注意深い交渉によって得た、“環境保全”からの最恵国待遇。
浪川テロで捥ぎ取った、新時代国際秩序のハンドル。
今回の件でクリスティアの言いなりとなり、丹本の体面、問題解決能力への信頼性が損なわれてしまえば、それらの優位が消し飛びかねない。
“環境保全”の方針を決める“提婆”。
あれがワンマン経営者のように、掌を返す事への躊躇いが薄いことも、これまでの付き合いでよく分かっている。
クリスティアが実例つきで、「こいつら使えないですよ」、「我々の方が能力的に優秀ですよ」と売り込めば、あっさり向こうに付くこともあり得る。
威厳とは、信用だ。
つまらないプライドではなく、確かな効力なのだ。
それを今、他でもないこのタイミングで、手放すわけにはいかないのだ。
大体、どれだけ派手にやったとしても、犠牲になるのは他国民で、責任は丹本政府に押しつけられる戦場。
そんな場所を提供したが最後、何をされるか分からない。
容認できない。
三枝の選択肢は一つ。
出来るだけ穏便に、角が立たないように、首を横に振り続けること。
世界にも、モンスターにも、彼らの手際を、疑わせないことである。
「何度でも申し上げます。
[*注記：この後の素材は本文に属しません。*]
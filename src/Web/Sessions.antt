-- ===== src/Web/Sessions.antt =====
-- internal/web/server.go: the paths of sessions in requests, the download and the deletion of sessions. An
-- absolute clean path is the list of its components. What the file system answers, symbolic links included,
-- is an argument.
pub mod Confined
pub mod Downloads
use logfalcon.Prelude.{
  ℕ, Bool, true, false, not, ◌&&◌, ◌||◌, Option, none, some, List, [], ◌∷◌, ◌++◌, ◌==◌, ◌-◌,
  if◌then◌else◌, bytes_eq, length, take,
}
use logfalcon.Web.Text.{has_prefix, has_suffix, trim_prefix, split}
use logfalcon.Web.Files.{Served, Reply, page, bodiless, send_file}
use logfalcon.Storage.Sessions.{raw_flash_filename}

abbrev pub CleanPath : Type 0
CleanPath = List (List ℕ)

-- A path as Go's string.
unfoldable pub text_below : CleanPath → List ℕ
text_below [] = []
text_below (c ∷ p) = b'/' ∷ c ++ text_below p

unfoldable pub path_text : CleanPath → List ℕ
unfolding text_below
path_text [] = b'/' ∷ []
path_text (c ∷ p) = text_below (c ∷ p)

-- `strings.Contains(s, "..")`
unfoldable pub has_dots : List ℕ → Bool
has_dots [] = false
has_dots (c ∷ []) = false
has_dots (c ∷ d ∷ s) = (c == b'.' && d == b'.') || has_dots (d ∷ s)

-- What `filepath.Join` adds to a clean path for a name without a slash, other than `..`.
unfoldable pub component : List ℕ → CleanPath
component name = if bytes_eq name [] || bytes_eq name (b'.' ∷ []) then [] else name ∷ []

-- What `filepath.Abs` gives for the storage path, and `filepath.EvalSymlinks` for any path.
pub record Places : Type 0 where
  pub abs_storage : Option CleanPath
  pub eval_symlinks : CleanPath → Option CleanPath

unfoldable pub or_else : Option CleanPath → CleanPath → CleanPath
or_else none p = p
or_else (some q) p = q

-- The last check, and the result.
unfoldable pub under_root : Places → CleanPath → CleanPath → Option CleanPath
unfolding path_text has_prefix or_else
under_root places storage candidate =
    if has_prefix (path_text (or_else (places.eval_symlinks candidate) candidate))
      (path_text (or_else (places.eval_symlinks storage) storage))
    then some candidate
    else none

unfoldable pub resolve_names : Places → List ℕ → List ℕ → Option CleanPath → Option CleanPath
unfolding has_dots component under_root
resolve_names places fc name none = none
resolve_names places fc name (some storage) =
    if has_dots fc || has_dots name
    then none
    else under_root places storage (storage ++ component fc ++ component name)

unfoldable pub resolve_parts : Places → List (List ℕ) → Option CleanPath
unfolding resolve_names
resolve_parts places (fc ∷ name ∷ []) = resolve_names places fc name places.abs_storage
resolve_parts places _ = none

-- `resolveSessionPath`; `none` is an error.
unfoldable pub resolve_session_path : Places → List ℕ → Option CleanPath
unfolding split resolve_parts
resolve_session_path places session_id = resolve_parts places (split b'/' session_id)

abbrev pub manifest_filename : List ℕ
manifest_filename =
    b'm' ∷ b'a' ∷ b'n' ∷ b'i' ∷ b'f' ∷ b'e' ∷ b's' ∷ b't' ∷ b'.' ∷ b'j' ∷ b's' ∷ b'o' ∷ b'n' ∷ []

-- `allowedDownloads`
unfoldable pub allowed_download : List ℕ → Bool
allowed_download name = bytes_eq name raw_flash_filename || bytes_eq name manifest_filename

unfoldable pub file_below : Option CleanPath → List ℕ → Option CleanPath
file_below none filename = none
file_below (some p) filename = some (p ++ filename ∷ [])

-- `resolveSessionFile`, before its `Stat`.
unfoldable pub resolve_session_file : Places → List ℕ → List ℕ → Option CleanPath
unfolding allowed_download resolve_session_path file_below
resolve_session_file places session_id filename =
    if allowed_download filename
    then file_below (resolve_session_path places session_id) filename
    else none

abbrev pub download_prefix : List ℕ
download_prefix = b'/' ∷ b'd' ∷ b'o' ∷ b'w' ∷ b'n' ∷ b'l' ∷ b'o' ∷ b'a' ∷ b'd' ∷ b'/' ∷ []

-- `sub[:len(sub)-len(suffix)]`
abbrev pub strip : List ℕ → List ℕ → List ℕ
strip sub suffix = take (length sub - length suffix) sub

-- The session and the file that a download names.
unfoldable pub download_names : List ℕ → Option (List ℕ × List ℕ)
unfolding has_suffix
download_names sub =
    if has_suffix sub (b'/' ∷ raw_flash_filename)
    then some (strip sub (b'/' ∷ raw_flash_filename), raw_flash_filename)
    else if has_suffix sub (b'/' ∷ manifest_filename)
    then some (strip sub (b'/' ∷ manifest_filename), manifest_filename)
    else none

-- The files that can be served; where there is none, `Stat` fails.
abbrev pub Store : Type 0
Store = CleanPath → Option Served

unfoldable pub serve : Option Served → List ℕ → List ℕ → Reply
unfolding send_file
serve none if_none_match range_header = bodiless 404 page
serve (some f) if_none_match range_header = send_file f if_none_match range_header

unfoldable pub serve_path : Store → Option CleanPath → List ℕ → List ℕ → Reply
unfolding serve
serve_path store none if_none_match range_header = bodiless 404 page
serve_path store (some p) if_none_match range_header = serve (store p) if_none_match range_header

-- The names taken apart, with the check against the table once more.
unfoldable pub download_named : Places → Store → Option (List ℕ × List ℕ) → List ℕ → List ℕ → Reply
unfolding allowed_download resolve_session_file serve_path
download_named places store none if_none_match range_header = bodiless 404 page
download_named places store (some (session_id, filename)) if_none_match range_header =
    if allowed_download filename
    then serve_path store (resolve_session_file places session_id filename) if_none_match
        range_header
    else bodiless 400 page

-- `handleDownload`
unfoldable pub handle_download :
    Places → Store → (url_path if_none_match range_header : List ℕ) → Reply
unfolding trim_prefix download_names download_named
handle_download places store url_path if_none_match range_header =
    download_named places store (download_names (trim_prefix url_path download_prefix))
      if_none_match range_header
お気遣いは大変ありがたいことでは御座いますが、我々にそれは不要であり——」
「総理はまだキーンケ大統領と?」
「会食が終わってから30分以上拘束されてるぞ……」
「最低限必要な許可や手続きは事前に済ませてくださっている。俺達だけで、収拾すればいい」
「先輩!ススム君今どこですか!……え?分からない!?探偵さんと連絡は!?」
「HQ、ライコ01、天観山付近にて目標捕捉。甲梨との県境である山岳地帯を目指し西進しているものと思われる」
色の暗い雲の形をした、浮遊物体。
観測手と共にその上に寝そべり、組み立て式の長柄魔具を構え、発射準備に入る者。
全長3mもの、「杖型」と言いつつ最早その用途では使えない、魔力調整・増幅器。
魔学的機構により、閉じ込められた電荷の塊を撃ち出すことができる。
前部分は2脚で支え、後端を肩につける衝撃吸収姿勢。
観測手が彼だけに見えるマークを、実際の風景の中に描き込んでくれる。
『ライコ01、HQ、発射許可は既に下りている』
「了解、制圧する」
カートリッジの装填は済んでおり、あとはグリップについたトリガー機構を握るだけ。
その視界が歪む。
対象との距離感覚を失調する。
「んぐ…っ!?」
狙撃の為に止めていた息をそこで吐き出そうとして、開いた口から容赦なく激流が入り込む。
『ライコ01、バイタルが乱れている。問題を報告せよ』
「ぐぼが、ぼ…っ!」
声はゴポゴポと膨らむ気泡となって弾け、サインを送ろうと端末に伸ばされた手は固められる。
横を見ると、観測手もまた、身体不随による痙攣を引き起こしていた。
溺れている。
そして手足の末端が、土に埋められている。
そして上から、何かが着地した気配だけがあり——
『ライコ01、報告せよ』
無線が虚しく呼び掛けるのを相手にせず、バチバチと僅かな電光を散らした、小さな雲がそこに近づく。
その光に照らされて、背景に溶け込んでいた映像投影型迷彩姿の黒衣が、二人で雲を掴む姿が現れる。
『政十さん、このまま次のポイントまでお願いします』
『来て早々、人使いが荒うてかないまへんな』
『無駄口は叩かず』
『はいはい、分かっとりますがな』
五十嵐は進から話を聞いた直後、甲都の特作班員と、政十の私設部隊である十影を、最速で丁都に送り込んだ。
片道2~3時間の弾丸ツアー。
新幹線という便利な乗り物によって、体力を温存したまま到着。
内丙を始めとする、総理派の戦力との暗闘に、滑り込みで間に合わせたのだ。
こうして漏魔症の未来は、張られていた網目を抜けて、山間部へと溶け入った。